My best friend, who was also my high school sweetheart, identifies herself as pansexual. She is primarily attracted to women, I was one of the lucky guys who caught her eye. She has had to deal with a lot of turmoil in her life, not because she isn't comfortable with her sexuality (she REALLY is), but because her PARENTS aren't comfortable with her sexuality. Her mother has been more and more accepting, but her father remains a roadblock. I find this with a lot of my gay friends, that they're only struggle with the sexuality is other people's acceptance of them. I've seen parents disown their children, remove them from their homes, and church leaders deny them a place among their congregation (how VERY Christian of them). It's heartbreaking, and not until they get out on their own do they realize that there's nothing wrong with them, there's something wrong with the people who turned their backs on them. I just refuse to be one of those people. I'm sure there are homosexuals who wish they could have been born straight, it would have made life a lot easier. It's further proof (as if we needed any more) that homosexuality is not a choice. Who would choose to be gay in a world where so many people look down upon you? The solution is accepting who you are, and accepting that there's nothing wrong with you. You're gay, live your life and bollocks to those who tell you that you're less for being born different (starting to sound like a pro-mutant activist :P).

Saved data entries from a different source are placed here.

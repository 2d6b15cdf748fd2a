-- ===== src/Base.antt =====
-- Names that the other modules share: the libraries', passed on, and those of the children.
mod Booleans
mod Lists
pub mod Words
pub mod Ascii
pub mod Maps
pub use Booleans.*
unfoldable pub use Booleans.{equal}
pub use Lists.*
pub use Prim.Native.Nat.{ℕ, zero, suc, ◌+◌, ◌-◌, ◌*◌, ◌/◌, ◌%◌, ◌^◌, ◌≤◌, ◌<◌, min}
pub use Prim.Native.String.{String}
pub use mathlib.Core.Path.{◌≡◌, refl, sym, ap, ◌∙◌}
pub use mathlib.Core.Logic.{◌≢◌, ◌↔◌, ◌⊎◌, inl, inr}
pub use mathlib.Core.Bool.{Bool, true, false, not, ◌&&◌, ◌||◌}
pub use mathlib.Core.Option.{Option, none, some}
pub use mathlib.Core.List.{List, [], ◌∷◌, ◌++◌, append-nil, append_assoc}
pub use native.Mathlib.Omega.{arith}
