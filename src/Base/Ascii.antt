-- ===== src/Base/Ascii.antt =====
-- Rust's tests on ASCII bytes, and the prefix operations on texts.
use Prim.Native.Nat.{ℕ}
use mathlib.Core.Path.{◌≡◌, refl}
use mathlib.Core.Bool.{Bool, true, false, ◌&&◌, ◌||◌}
use mathlib.Core.Option.{Option, none, some}
use mathlib.Core.List.{[], ◌∷◌, ◌++◌}
use native.Mathlib.Omega.{arith}
use wasm_runtime.Base.Booleans.{leb, ◌==◌, if◌then◌else◌, ==_refl}
use wasm_runtime.Base.Lists.{Bytes}

abbrev pub is_ascii_digit : ℕ → Bool
is_ascii_digit b = leb b'0' b && leb b b'9'

abbrev pub is_ascii_lowercase : ℕ → Bool
is_ascii_lowercase b = leb b'a' b && leb b b'z'

abbrev pub is_ascii_uppercase : ℕ → Bool
is_ascii_uppercase b = leb b'A' b && leb b b'Z'

abbrev pub is_ascii_alphanumeric : ℕ → Bool
is_ascii_alphanumeric b = is_ascii_digit b || is_ascii_lowercase b || is_ascii_uppercase b

abbrev pub is_ascii_hexdigit : ℕ → Bool
is_ascii_hexdigit b = is_ascii_digit b || (leb b'a' b && leb b b'f') || (leb b'A' b && leb b b'F')

abbrev pub is_ascii_graphic : ℕ → Bool
is_ascii_graphic b = leb b'!' b && leb b b'~'

abbrev pub is_ascii : ℕ → Bool
is_ascii b = leb b 127

abbrev pub is_ascii_control : ℕ → Bool
is_ascii_control b = leb b 31 || b == 127

-- `value.strip_prefix(prefix)`, the prefix first.
unfoldable pub strip_prefix : Bytes → Bytes → Option Bytes
strip_prefix [] value = some value
strip_prefix (p ∷ ps) [] = none
strip_prefix (p ∷ ps) (v ∷ vs) = if p == v then strip_prefix ps vs else none

-- `value.starts_with(prefix)`, the prefix first.
unfoldable pub starts_with : Bytes → Bytes → Bool
starts_with [] value = true
starts_with (p ∷ ps) [] = false
starts_with (p ∷ ps) (v ∷ vs) = p == v && starts_with ps vs

pub strip_prefix-eq-some : (ps vs rest : Bytes) → strip_prefix ps vs ≡ some rest → vs ≡ ps ++ rest
unfolding strip_prefix
strip_prefix-eq-some [] vs rest h = ground arith
strip_prefix-eq-some (p ∷ ps) [] rest h = cc
strip_prefix-eq-some (p ∷ ps) (v ∷ vs) rest h = ground (arith, strip_prefix-eq-some ps vs rest)

pub strip_prefix-append : (ps rest : Bytes) → strip_prefix ps (ps ++ rest) ≡ some rest
unfolding strip_prefix
strip_prefix-append [] rest = refl
strip_prefix-append (p ∷ ps) rest = rw (==_refl p) (strip_prefix-append ps rest)
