-- ===== src/Base/Maps.antt =====
-- Rust's `HashMap` with text keys, as an association list.
use Prim.Native.Nat.{ℕ, ◌+◌, ◌≤◌}
use mathlib.Core.Path.{◌≡◌, refl, subst}
use mathlib.Core.Logic.{◌↔◌, inl, inr}
use mathlib.Core.Bool.{true, false}
use mathlib.Core.Option.{Option, none, some}
use mathlib.Core.List.{List, [], ◌∷◌}
use native.Mathlib.Omega.{arith}
use wasm_runtime.Base.Booleans.{if◌then◌else◌, Bool-cases, equal, equal→eq, equal_refl}
use wasm_runtime.Base.Lists.{Bytes, length, All}

abbrev pub HashMap {ℓ} : Type ℓ → Type ℓ
HashMap V = List (Bytes × V)

pub equal_iff : (a b : Bytes) → (equal a b ≡ true) ↔ (a ≡ b)
equal_iff a b = (equal→eq a b, λ e. rw e (equal_refl b))

pub equal-false : (a b : Bytes) → (a ≡ b → ⊥) → equal a b ≡ false
equal-false a b h = elim (Bool-cases (equal a b)) [
  | inl same ↦ absurd (h (equal→eq a b same))
  | inr apart ↦ apart
]

module _ {ℓ} {V : Type ℓ} where
  unfoldable pub get : Bytes → HashMap V → Option V
  get key [] = none
  get key ((k, v) ∷ m) = if equal k key then some v else get key m

  -- The value under a key that is there is replaced.
  unfoldable pub insert : Bytes → V → HashMap V → HashMap V
  insert key value [] = (key, value) ∷ []
  insert key value ((k, v) ∷ m) =
      if equal k key then (key, value) ∷ m else (k, v) ∷ insert key value m

  unfoldable pub remove : Bytes → HashMap V → HashMap V
  remove key [] = []
  remove key ((k, v) ∷ m) = if equal k key then m else (k, v) ∷ remove key m

  -- No key stands twice.
  abbrev pub Distinct : HashMap V → Type ℓ
  Distinct [] = Unit {ℓ}
  Distinct ((k, v) ∷ m) = (get k m ≡ none) × Distinct m

  pub get-insert :
      (key j : Bytes) (value : V) (m : HashMap V)
      → get j (insert key value m) ≡ (if equal key j then some value else get j m)
  unfolding get insert
  get-insert key j value [] = refl
  get-insert key j value ((k, v) ∷ m) =
      ground (arith, equal_iff key j, equal_iff k key, equal_iff k j, get-insert key j value m)

  pub get-insert_self :
      (key : Bytes) (value : V) (m : HashMap V) → get key (insert key value m) ≡ some value
  get-insert_self key value m = rw (get-insert key key value m) (rw (equal_refl key) refl)

  pub insert-Distinct :
      (key : Bytes) (value : V) (m : HashMap V) → Distinct m → Distinct (insert key value m)
  unfolding insert get
  insert-Distinct key value [] d = (refl, tt)
  insert-Distinct key value ((k, v) ∷ m) d = ground (
    arith,
    equal_iff k key,
    equal_iff key k,
    get-insert key k value m,
    insert-Distinct key value m d.1,
  )

  pub get-remove :
      (key j : Bytes) (m : HashMap V)
      → Distinct m
      → get j (remove key m) ≡ (if equal key j then none else get j m)
  unfolding get remove
  get-remove key j [] d = ground arith
  get-remove key j ((k, v) ∷ m) d =
      ground (arith, equal_iff key j, equal_iff k key, equal_iff k j, get-remove key j m d.1)

  pub remove-Distinct : (key : Bytes) (m : HashMap V) → Distinct m → Distinct (remove key m)
  unfolding remove get
  remove-Distinct key [] d = tt
  remove-Distinct key ((k, v) ∷ m) d =
      ground (arith, get-remove key k m d.1, remove-Distinct key m d.1)

  pub length-insert_present :
      (key : Bytes) (value : V) (m : HashMap V) (old : V)
      → get key m ≡ some old
      → length (insert key value m) ≡ length m
  unfolding get insert
  length-insert_present key value [] old h = cc
  length-insert_present key value ((k, v) ∷ m) old h =
      ground (arith, length-insert_present key value m old)

  pub length-remove :
      (key : Bytes) (m : HashMap V) (old : V)
      → get key m ≡ some old
      → length m ≡ length (remove key m) + 1
  unfolding get remove
  length-remove key [] old h = cc
  length-remove key ((k, v) ∷ m) old h = ground (arith, length-remove key m old)

  pub length-remove_le : (key : Bytes) (m : HashMap V) → length (remove key m) ≤ length m
  unfolding remove
  length-remove_le key [] = omega arith
  length-remove_le key ((k, v) ∷ m) = ground (arith, length-remove_le key m)

  -- The sum of a measure over the values.
  module _ (size : V → ℕ) where
    abbrev pub total : HashMap V → ℕ
    total [] = 0
    total ((k, v) ∷ m) = size v + total m

    pub total-insert_absent :
        (key : Bytes) (value : V) (m : HashMap V)
        → get key m ≡ none
        → total (insert key value m) ≡ total m + size value
    unfolding get insert
    total-insert_absent key value [] h = omega arith
    total-insert_absent key value ((k, v) ∷ m) h = ground (arith, total-insert_absent key value m)

    pub total-insert_present :
        (key : Bytes) (value : V) (m : HashMap V) (old : V)
        → get key m ≡ some old
        → total (insert key value m) + size old ≡ total m + size value
    unfolding get insert
    total-insert_present key value [] old h = cc
    total-insert_present key value ((k, v) ∷ m) old h =
        ground (arith, total-insert_present key value m old)

    pub total-remove :
        (key : Bytes) (m : HashMap V) (old : V)
        → get key m ≡ some old
        → total m ≡ total (remove key m) + size old
    unfolding get remove
    total-remove key [] old h = cc
    total-remove key ((k, v) ∷ m) old h = ground (arith, total-remove key m old)

  module _ {κ} (P : Bytes × V → Type κ) where
    pub All-insert :
        (key : Bytes) (value : V) (m : HashMap V)
        → P (key, value)
        → All P m
        → All P (insert key value m)
    unfolding insert
    All-insert key value [] p h = (p, tt)
    All-insert key value ((k, v) ∷ m) p h = ground (arith, All-insert key value m p h.1)

    pub All-remove : (key : Bytes) (m : HashMap V) → All P m → All P (remove key m)
    unfolding remove
    All-remove key [] h = tt
    All-remove key ((k, v) ∷ m) h = ground (arith, All-remove key m h.1)

  pub All-get {κ} :
      (Q : V → Type κ) (key : Bytes) (value : V) (m : HashMap V)
      → All (λ e. Q e.1) m
      → get key m ≡ some value
      → Q value
  unfolding get
  All-get Q key value [] h found = cc
  All-get Q key value ((k, v) ∷ m) h found = elim (Bool-cases (equal k key)) [
    | inl here ↦ subst Q (ground arith) h.0
    | inr there ↦ All-get Q key value m h.1 (ground arith)
  ]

I was a libertarian myself for the longest time, but I ultimately lost faith in it's tenets. I simply couldn't stand behind certain aspects of there not being a strong federal government. So many hard-working and honest people depend on their government to assist them in their daily lives, and the bad apples who abuse the system shouldn't spoil it for everyone else. I've essentially become more and more socialist as I grow older, a rather angry and cynical liberal. Both sides of the fence just anger me regularly. Democrats have no spines, Republicans have no decency, it's all one big corrupt and self-serving mess. Colbert and Stewart keep me entertained on the nonsense though, so I can't complain about it all. My bud, a Special Forces vet who runs the veterans group on our college campus, often talks politics with me. Unlike a lot of the other vets I meet, he's a staunch liberal. His biggest gripe is that people in the U.S. would rather throw a fit about welfare and social security, and yet the countries he's been too are filled with constant warfare and strife. We've got it made, and yet we take it for granted every damn day.
It defends on the state I believe, though I believe there may be a federal law coming into effect that would guarantee spousal visiting rights regardless of gender.